The connector is completely transparent, and can either speak the native MySQL protocol or operate in what is called bridge mode and provide routing connectivity. Either way, your applications do not need to be modified in any way. In fact, it’s best to think of the cluster as a single database – and let VMware Continuent worry about how the cluster operates and works underneath.
The connector provides this transparent interface to the cluster, meaning you don’t have to change or re-architect your application in any way. In some situations the process can be implemented without any change to your running servers.
Multi-Site Multi-Master Deployment
Many companies want more than just clustering within a single site. They need to be able to have multiple datacenters around the world that are notionally close to their users, and therefore able to support the workload. But all the datacenters need the same data. This is the role of the Multi-Site Multi-Master (MSMM) deployment; it combines the clustering and bi-directional replication to enable local load balancing, with global data sharing.
At each of the local sites sits a cluster handling the local load, while the replication between sites keeps them all in sync. This geographically distributed cluster model is already used by many customers to run and manage their operation. It’s also important to keep in mind that the same HA and failover rules apply in this model. We can failover between sites in the event of a local problem and recover as necessary.
Replicating in and out of Oracle is supported by VMware Continuent for replication. You can replicate data from Oracle to MySQL, from Oracle to Oracle for the purposes of DR, and you can replicate from MySQL to Oracle.
There are a myriad of different uses for this model; some customers use it to distribute load from Oracle into MySQL for supporting web applications. It can also be used to concentrate data from multiple MySQL installations into Oracle for analysis.
Replication into a Data Warehouse
Transactional data stores are great, quite unsurprisingly, for transactional data. But what if you have more complex, or more extreme amounts of data that need to be queried and handled? This is where data warehouses come in. Whether you are capturing all of your data, concentrating the data from multiple databases, or just collecting it into a system for easier analysis, VMware Continuent for Analytics and Big Data can help. With 4.0, we can also do it in one configuration from a cluster into your chosen data warehouse.
Unlike traditional ETL tools, VMware Continuent makes use of the replication technology to stream live updates over to the data warehouse. We don’t do big extractions of data, even periodically, we stream the live changes over to the target database.

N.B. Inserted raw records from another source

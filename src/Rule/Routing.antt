-- ===== src/Rule/Routing.antt =====
-- RuleServiceRouter::DoRoute of polaris/plugin/service_router/rule_router.cpp, from the match of the
-- rules to the set it chooses, for a key that is not in its cache. A null pointer is `none`.
use polaris_cpp.Base.{
  ℕ, Bool, true, false, Option, none, some, List, [], if◌then◌else◌, ◌&&◌, not, get_elem?, String,
}
use polaris_cpp.Router.Instances.{Instance}
use polaris_cpp.Rule.MatchString.{Re2}
use polaris_cpp.Rule.Source.{ServiceKey, ServiceInfo}
use polaris_cpp.Rule.RouteRule.{RouteRule}
use polaris_cpp.Rule.RouteMatch.{Matched, route_match}
use polaris_cpp.Rule.Cluster.{Rates, SetCircuitBreakerUnhealthyInfo}
use polaris_cpp.Rule.Choice.{Routed, calculate_value, use_value}

-- The ends of DoRoute: an invalid argument, no rule that matches, nothing to do, or what it makes of
-- a matched rule.
pub data Ending : Type 0 where
  invalid_argument not_match unchanged : Ending
  ended : Routed → Ending

abbrev is_null : {A : Type 0} → Option A → Bool
is_null none = true
is_null (some a) = false

module _ {F : Type 0} (re : Re2) (rates : Rates F) (percent_of_min_instances : F)
    (enable_recover_all : Bool)
    (circuit_breaker_sets : List (String × SetCircuitBreakerUnhealthyInfo F)) (labels : String)
    (service_key : ServiceKey) (instances : List (Instance String)) (unhealthy_set : List ℕ)
    (random : ℕ) where
  abbrev follow_rule : List RouteRule → Option ServiceInfo → Matched → Ending
  follow_rule rules info m = elim (m.matched_route) [
    | none ↦ unchanged
    | some i ↦ elim (get_elem? rules i) [
      | none ↦ unchanged
      | some rule ↦ ended (
          use_value
            (calculate_value re rates percent_of_min_instances enable_recover_all
              circuit_breaker_sets labels rule service_key m.match_outbounds info instances
              unhealthy_set)
            random)
    ]
  ]

  unfoldable pub do_route :
      Option (List RouteRule) → Option (List RouteRule) → Option ServiceInfo → Ending
  unfolding route_match calculate_value use_value
  do_route none source_route_rule source_service_info = invalid_argument
  do_route (some inbounds) source_route_rule source_service_info =
      let m = route_match re source_service_info service_key inbounds source_route_rule true [] in
      let outbounds : List RouteRule = elim source_route_rule [ none ↦ [] | some rs ↦ rs ] in
      if is_null source_service_info && not (is_null source_route_rule)
      then invalid_argument
      else if not m.found
      then not_match
      else follow_rule (if m.match_outbounds then outbounds else inbounds) source_service_info m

This provides a stream of change data – you can either use that directly, and look for changes to data over time, or you can use it to create carbon copies of the data. That gives us a lot of flexibility in how we process the information.
The replicator, connector, and manager components work together to provide a very flexible and manageable system. With a cluster, DR or MSMM deployment have the power of a cluster with automated failover and powerful replication.